- _What you should do_: What is needed here is every line of the records that includes "enough".

Saved data entries
• • • • •
-- ===== src/Logger/Walks.antt =====
-- What the walks to the root compute, in terms of the existing ancestors by name.
use mathlib.Core.List.{append-nil}
use log4cplus.Common.{
  ℕ, zero, suc, ◌+◌, ◌<◌, ◌≡◌, ◌≢◌, refl, Bool, true, false, not, ◌&&◌, Option, some, List, [], ◌∷◌,
  ◌++◌, Text, length, is_empty, arith, ℤ, leb_ℤ, eq_ℤ, ◌==◌, if◌then◌else◌,
}
use log4cplus.Common.Int.{eq_ℤ_iff}
use log4cplus.Common.Map.{find}
use log4cplus.Hierarchy.Inv.{Inv}
use log4cplus.Hierarchy.{Hierarchy, LoggerImpl, not_set_log_level}
use log4cplus.Hierarchy.Names.{prefixes}
use log4cplus.Logger.Chain.{ancestry, existing, IsChain, parent-IsChain, length-ancestry}
use log4cplus.Logger.{
  returns, chained_loop, get_chained_log_level, is_enabled_for, call_appenders_loop, call_appenders,
  warn_once, log,
}

-- The first level along the list that is set.
unfoldable pub first_level : (ℕ → LoggerImpl) → List ℕ → ℤ
first_level heap [] = not_set_log_level
first_level heap (x ∷ xs) =
    if eq_ℤ (heap x).ll not_set_log_level then first_level heap xs else (heap x).ll

-- The appenders along the list, up to and with the first logger that is not additive.
unfoldable pub reached : (ℕ → LoggerImpl) → List ℕ → List ℕ
reached heap [] = []
reached heap (x ∷ xs) = (heap x).appenders ++ (if (heap x).additive then reached heap xs else [])

-- The root, at address 0, ends the list.
ends_at_root : List ℕ → Bool
ends_at_root [] = false
ends_at_root (x ∷ []) = x == 0
ends_at_root (x ∷ y ∷ xs) = ends_at_root (y ∷ xs)

ends_at_root_append : (xs : List ℕ) → ends_at_root (xs ++ 0 ∷ []) ≡ true
unfolding ends_at_root
ends_at_root_append [] = refl
ends_at_root_append (x ∷ []) = refl
ends_at_root_append (x ∷ y ∷ xs) = ends_at_root_append (y ∷ xs)

chained_loop_lem :
    (heap : ℕ → LoggerImpl) (fuel : ℕ) (c : Option ℕ) (xs : List ℕ)
    → IsChain heap c xs
    → length xs < fuel
    → ends_at_root xs ≡ true
    → (heap 0).ll ≢ not_set_log_level
    → chained_loop fuel heap c ≡ returns (first_level heap xs)
unfolding chained_loop first_level ends_at_root
chained_loop_lem heap zero c xs chain lt end set = absurd (omega arith)
chained_loop_lem heap (suc fuel) c [] chain lt end set = cc
chained_loop_lem heap (suc fuel) c (x ∷ []) (e, chain) lt end set =
    ground (arith, eq_ℤ_iff (heap x).ll not_set_log_level)
chained_loop_lem heap (suc fuel) c (x ∷ y ∷ xs) (e, chain) lt end set =
    let rest = chained_loop_lem heap fuel (heap x).parent (y ∷ xs) chain (omega arith) end set in
    ground (arith, rest)

first_level_set :
    (heap : ℕ → LoggerImpl) (xs : List ℕ)
    → ends_at_root xs ≡ true
    → (heap 0).ll ≢ not_set_log_level
    → first_level heap xs ≢ not_set_log_level
unfolding first_level ends_at_root
first_level_set heap [] end set = cc
first_level_set heap (x ∷ []) end set = ground (arith, eq_ℤ_iff (heap x).ll not_set_log_level)
first_level_set heap (x ∷ y ∷ xs) end set =
    ground (arith, eq_ℤ_iff (heap x).ll not_set_log_level, first_level_set heap (y ∷ xs) end set)

call_appenders_loop_lem :
    (heap : ℕ → LoggerImpl) (fuel : ℕ) (c : Option ℕ) (xs : List ℕ)
    → IsChain heap c xs
    → length xs < fuel
    → call_appenders_loop fuel heap c ≡ some (reached heap xs)
unfolding call_appenders_loop reached
call_appenders_loop_lem heap zero c xs chain lt = absurd (omega arith)
call_appenders_loop_lem heap (suc fuel) c [] chain lt = rw chain
call_appenders_loop_lem heap (suc fuel) c (x ∷ xs) (e, chain) lt =
    let rest = call_appenders_loop_lem heap fuel (heap x).parent xs chain (omega arith) in
    rw e (ground (arith, rest, append-nil (heap x).appenders))

module _ (h : Hierarchy) (n : Text) (a fuel : ℕ) (v : Inv h)
    (at_name : find n h.logger_ptrs ≡ some a) (enough : length n + 1 < fuel) where
  path : List ℕ
  path = a ∷ ancestry h.logger_ptrs n

  path-ends : ends_at_root path ≡ true
  unfolding path
  path-ends = ends_at_root_append (a ∷ existing h.logger_ptrs (prefixes n))

  path-short : length path < fuel
  unfolding path
  path-short = omega (arith, length-ancestry h n a v at_name)

  -- In a tree that satisfies the invariant and has a level set at the root, the effective level of
  -- the logger at a name is the first level that is set among the logger itself, its existing
  -- ancestors by name from the closest to the farthest, and the root; it is a level that is set.
  -- Fuel above the length of the name plus one is enough.
  pub effective_level :
      (h.heap 0).ll ≢ not_set_log_level
      → (get_chained_log_level fuel a h
          ≡ returns (first_level h.heap (a ∷ ancestry h.logger_ptrs n)))
        × (first_level h.heap (a ∷ ancestry h.logger_ptrs n) ≢ not_set_log_level)
  unfolding get_chained_log_level path
  effective_level set = (
    ground (
      arith,
      v.address n a at_name,
      chained_loop_lem h.heap fuel (some a) path (parent-IsChain h n a v at_name) path-short
          path-ends set,
    ),
    first_level_set h.heap path path-ends set,
  )

  -- In a tree that satisfies the invariant callAppenders gives the event to the appenders of the
  -- logger at a name and of its existing ancestors, in that order, and goes on past a logger only
  -- where it is additive; if there is no such appender and no warning was given before, the
  -- warning is given. Fuel above the length of the name plus one is enough.
  pub delivered :
      call_appenders fuel a h
      ≡ returns (
        reached h.heap (a ∷ ancestry h.logger_ptrs n),
        warn_once (is_empty (reached h.heap (a ∷ ancestry h.logger_ptrs n))) h,
      )
  unfolding call_appenders path
  delivered = rw (
    call_appenders_loop_lem h.heap fuel (some a) path (parent-IsChain h n a v at_name) path-short,
    call_appenders,
  )

  -- In a tree that satisfies the invariant and has a level set at the root, log delivers the event
  -- exactly when the level is above the level disabled for the hierarchy and at least the
  -- effective level of the logger, and otherwise changes nothing. Fuel above the length of the
  -- name plus one is enough.
  pub log_lem :
      (loglevel : ℤ)
      → (h.heap 0).ll ≢ not_set_log_level
      → log fuel loglevel a h ≡ (
          if not (leb_ℤ loglevel h.disable_value)
            && leb_ℤ (first_level h.heap (a ∷ ancestry h.logger_ptrs n)) loglevel
          then call_appenders fuel a h
          else returns ([], h))
  unfolding log is_enabled_for
  log_lem loglevel set = ground (arith, (effective_level set).0)
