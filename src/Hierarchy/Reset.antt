-- ===== src/Hierarchy/Reset.antt =====
-- What shutdown and reset do to the tree.
use log4cplus.Common.{
  ℕ, ◌+◌, ◌<◌, ◌≡◌, refl, sym, true, ◌&&◌, not, some, List, [], ◌∷◌, ◌++◌, Text, Option-cases, inl,
  inr, arith, if◌then◌else◌, ◌==◌, length,
}
use mathlib.Core.Path.{subst}
use log4cplus.Common.Int.{eq_ℤ_iff}
use log4cplus.Common.Map.{Map, find}
use log4cplus.Hierarchy.Names.{prefixes}
use log4cplus.Hierarchy.Children.{mem}
use log4cplus.Hierarchy.Inv.{Inv}
use log4cplus.Hierarchy.Operations.{
  close_nested_appenders, remove_all_appenders, shutdown_loop, shutdown, reset_loop,
  reset_configuration, addresses,
}
use log4cplus.Hierarchy.{Hierarchy, LoggerImpl, debug_log_level, not_set_log_level, disable_off}
use log4cplus.Logger.{set_log_level, set_additivity, returns, get_chained_log_level}
use log4cplus.Logger.Chain.{existing}
use log4cplus.Logger.Walks.{first_level, effective_level}
use log4cplus.Hierarchy.SameTree.{
  SameTree, SameTree-trans, SameTree-Inv, set_log_level-SameTree, shutdown_loop-SameTree,
  reset_loop-SameTree,
}

-- The appenders that are left, and the fields that shutdown leaves alone.
shutdown_loop-fields :
    (loggers closed : List ℕ) (h : Hierarchy) (x : ℕ)
    → (((shutdown_loop loggers (closed, h)).1.heap x).appenders
        ≡ (if mem x loggers then [] else (h.heap x).appenders))
      × (((shutdown_loop loggers (closed, h)).1.heap x).ll ≡ (h.heap x).ll)
      × ((shutdown_loop loggers (closed, h)).1.disable_value ≡ h.disable_value)
unfolding shutdown_loop remove_all_appenders mem
shutdown_loop-fields [] closed h x = (refl, refl, refl)
shutdown_loop-fields (a ∷ loggers) closed h x =
    let rest =
      shutdown_loop-fields loggers (close_nested_appenders (h.heap a).appenders closed)
        (remove_all_appenders a h) x in
    (ground (arith, rest.0), ground (arith, rest.1), rest.2)

-- Every logger of the list but the root is reset.
reset_loop-fields :
    (loggers : List ℕ) (h : Hierarchy) (x : ℕ)
    → (((reset_loop loggers h).heap x).ll
        ≡ (if mem x loggers && not (x == 0) then not_set_log_level else (h.heap x).ll))
      × (((reset_loop loggers h).heap x).additive
          ≡ (if mem x loggers then true else (h.heap x).additive))
      × (((reset_loop loggers h).heap x).appenders ≡ (h.heap x).appenders)
      × ((reset_loop loggers h).disable_value ≡ h.disable_value)
unfolding reset_loop set_log_level set_additivity mem
reset_loop-fields [] h x = (refl, refl, refl, refl)
reset_loop-fields (a ∷ loggers) h x =
    let rest =
      reset_loop-fields loggers (set_additivity true a (set_log_level not_set_log_level a h)) x in
    (ground (arith, rest.0), ground (arith, rest.1), ground (arith, rest.2), ground (arith, rest.3))

mem-addresses : (m : Map ℕ) (n : Text) (a : ℕ) → find n m ≡ some a → mem a (addresses m) ≡ true
unfolding find mem addresses
mem-addresses [] n a e = cc
mem-addresses ((k, b) ∷ m) n a e = ground (arith, mem-addresses m n a)

first_level_all_unset :
    (heap : ℕ → LoggerImpl) (m : Map ℕ) (ps : List Text)
    → ((n : Text) (a : ℕ) → find n m ≡ some a → (heap a).ll ≡ not_set_log_level)
    → first_level heap (existing m ps ++ 0 ∷ []) ≡ (heap 0).ll
unfolding first_level existing
first_level_all_unset heap m [] unset = ground (arith, eq_ℤ_iff (heap 0).ll not_set_log_level)
first_level_all_unset heap m (p ∷ ps) unset = elim (Option-cases (find p m)) [
  | inl e ↦ rw (e, existing) (first_level_all_unset heap m ps unset)
  | inr (a, e) ↦
      rw (e, existing) (ground (arith, unset p a e, first_level_all_unset heap m ps unset))
]

-- The state after the first two lines of `resetConfiguration`.
abbrev started : Hierarchy → Hierarchy
started h = record (set_log_level debug_log_level 0 h) { disable_value = disable_off }

started-SameTree : (h : Hierarchy) → SameTree h (started h)
started-SameTree h =
    let same = set_log_level-SameTree debug_log_level 0 h in
    record {
      name = same.name;
      parent = same.parent;
      next = same.next;
      logger_ptrs = same.logger_ptrs;
      provision_nodes = same.provision_nodes;
    }

pub record IsReset (h h' : Hierarchy) : Type 0 where
  pub same : SameTree h h'
  pub unset :
      (n : Text) (a : ℕ) → find n h.logger_ptrs ≡ some a → (h'.heap a).ll ≡ not_set_log_level
  pub additive : (n : Text) (a : ℕ) → find n h.logger_ptrs ≡ some a → (h'.heap a).additive ≡ true
  pub detached : (n : Text) (a : ℕ) → find n h.logger_ptrs ≡ some a → (h'.heap a).appenders ≡ []
  pub root_level : (h'.heap 0).ll ≡ debug_log_level
  pub root_detached : (h'.heap 0).appenders ≡ []
  pub enabled : h'.disable_value ≡ disable_off

loop-IsReset :
    (closed : List ℕ) (h s m : Hierarchy)
    → Inv h
    → SameTree h s
    → (s.heap 0).ll ≡ debug_log_level
    → s.disable_value ≡ disable_off
    → m ≡ (shutdown_loop (0 ∷ addresses s.logger_ptrs) (closed, s)).1
    → IsReset h (reset_loop (addresses m.logger_ptrs) m)
unfolding mem
loop-IsReset closed h s m v same level off is_m =
    let halt = shutdown_loop-fields (0 ∷ addresses s.logger_ptrs) closed s in
    let back = reset_loop-fields (addresses m.logger_ptrs) m in
    let kept : SameTree s m =
      subst (SameTree s) (sym is_m)
        (shutdown_loop-SameTree (0 ∷ addresses s.logger_ptrs) closed s) in
    let listed = λ (n : Text) (a : ℕ). mem-addresses m.logger_ptrs n a in
    let listed_s = λ (n : Text) (a : ℕ). mem-addresses s.logger_ptrs n a in
    record {
      same =
          SameTree-trans same
            (SameTree-trans kept (reset_loop-SameTree (addresses m.logger_ptrs) m));
      unset = λ n a e.
          ground (arith, (back a).0, listed n a, same.logger_ptrs, kept.logger_ptrs, v.address n a);
      additive =
          λ n a e. ground (arith, (back a).1, listed n a, same.logger_ptrs, kept.logger_ptrs);
      detached =
          λ n a e. ground (arith, (back a).2, (halt a).0, is_m, listed_s n a, same.logger_ptrs);
      root_level = ground (arith, (back 0).0, (halt 0).1, is_m);
      root_detached = ground (arith, (back 0).2, (halt 0).0, is_m);
      enabled = ground (arith, (back 0).3, (halt 0).2, is_m);
    }

-- From a tree that satisfies the invariant resetConfiguration keeps the loggers, their names and
-- their parents; it leaves every logger but the root with no level of its own, additive and
-- without appenders, the root with level DEBUG and without appenders, and no level disabled.
pub reset_configuration-IsReset :
    (closed : List ℕ) (h : Hierarchy) → Inv h → IsReset h (reset_configuration (closed, h)).1
unfolding reset_configuration
reset_configuration-IsReset closed h v =
    loop-IsReset closed h (started h) (shutdown (closed, started h)).1 v (started-SameTree h)
      (unfold set_log_level in ground arith) refl refl

level_after :
    (h h' : Hierarchy) (n : Text) (a fuel : ℕ)
    → Inv h
    → IsReset h h'
    → find n h.logger_ptrs ≡ some a
    → length n + 1 < fuel
    → get_chained_log_level fuel a h' ≡ returns debug_log_level
unfolding first_level
level_after h h' n a fuel v r e enough =
    let e' : find n h'.logger_ptrs ≡ some a = cc (r.same.logger_ptrs, e) in
    let level =
      effective_level h' n a fuel (SameTree-Inv h h' r.same v) e' enough
        (λ q. ground (arith, q, r.root_level)) in
    let along =
      first_level_all_unset h'.heap h'.logger_ptrs (prefixes n)
        (λ k b f. r.unset k b (cc (r.same.logger_ptrs, f))) in
    ground (arith, level.0, along, r.unset n a e, r.root_level)

-- After resetConfiguration, from a tree that satisfies the invariant, the effective level of every
-- logger is DEBUG. Fuel above the length of the logger's name plus one is enough.
pub reset_level :
    (closed : List ℕ) (h : Hierarchy) (n : Text) (a fuel : ℕ)
    → Inv h
    → find n h.logger_ptrs ≡ some a
    → length n + 1 < fuel
    → get_chained_log_level fuel a (reset_configuration (closed, h)).1 ≡ returns debug_log_level
reset_level closed h n a fuel v e enough =
    level_after h (reset_configuration (closed, h)).1 n a fuel v
      (reset_configuration-IsReset closed h v) e enough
• • • • •
- _Completed exercise_:
    (at_name : find n h.logger_ptrs ≡ some a) (enough : length n + 1 < fuel) where
  -- Fuel above the length of the name plus one is enough.
  -- warning is given. Fuel above the length of the name plus one is enough.
  -- name plus one is enough.
level_after h h' n a fuel v r e enough =
      effective_level h' n a fuel (SameTree-Inv h h' r.same v) e' enough
-- logger is DEBUG. Fuel above the length of the logger's name plus one is enough.
reset_level closed h n a fuel v e enough =
      (reset_configuration-IsReset closed h v) e enough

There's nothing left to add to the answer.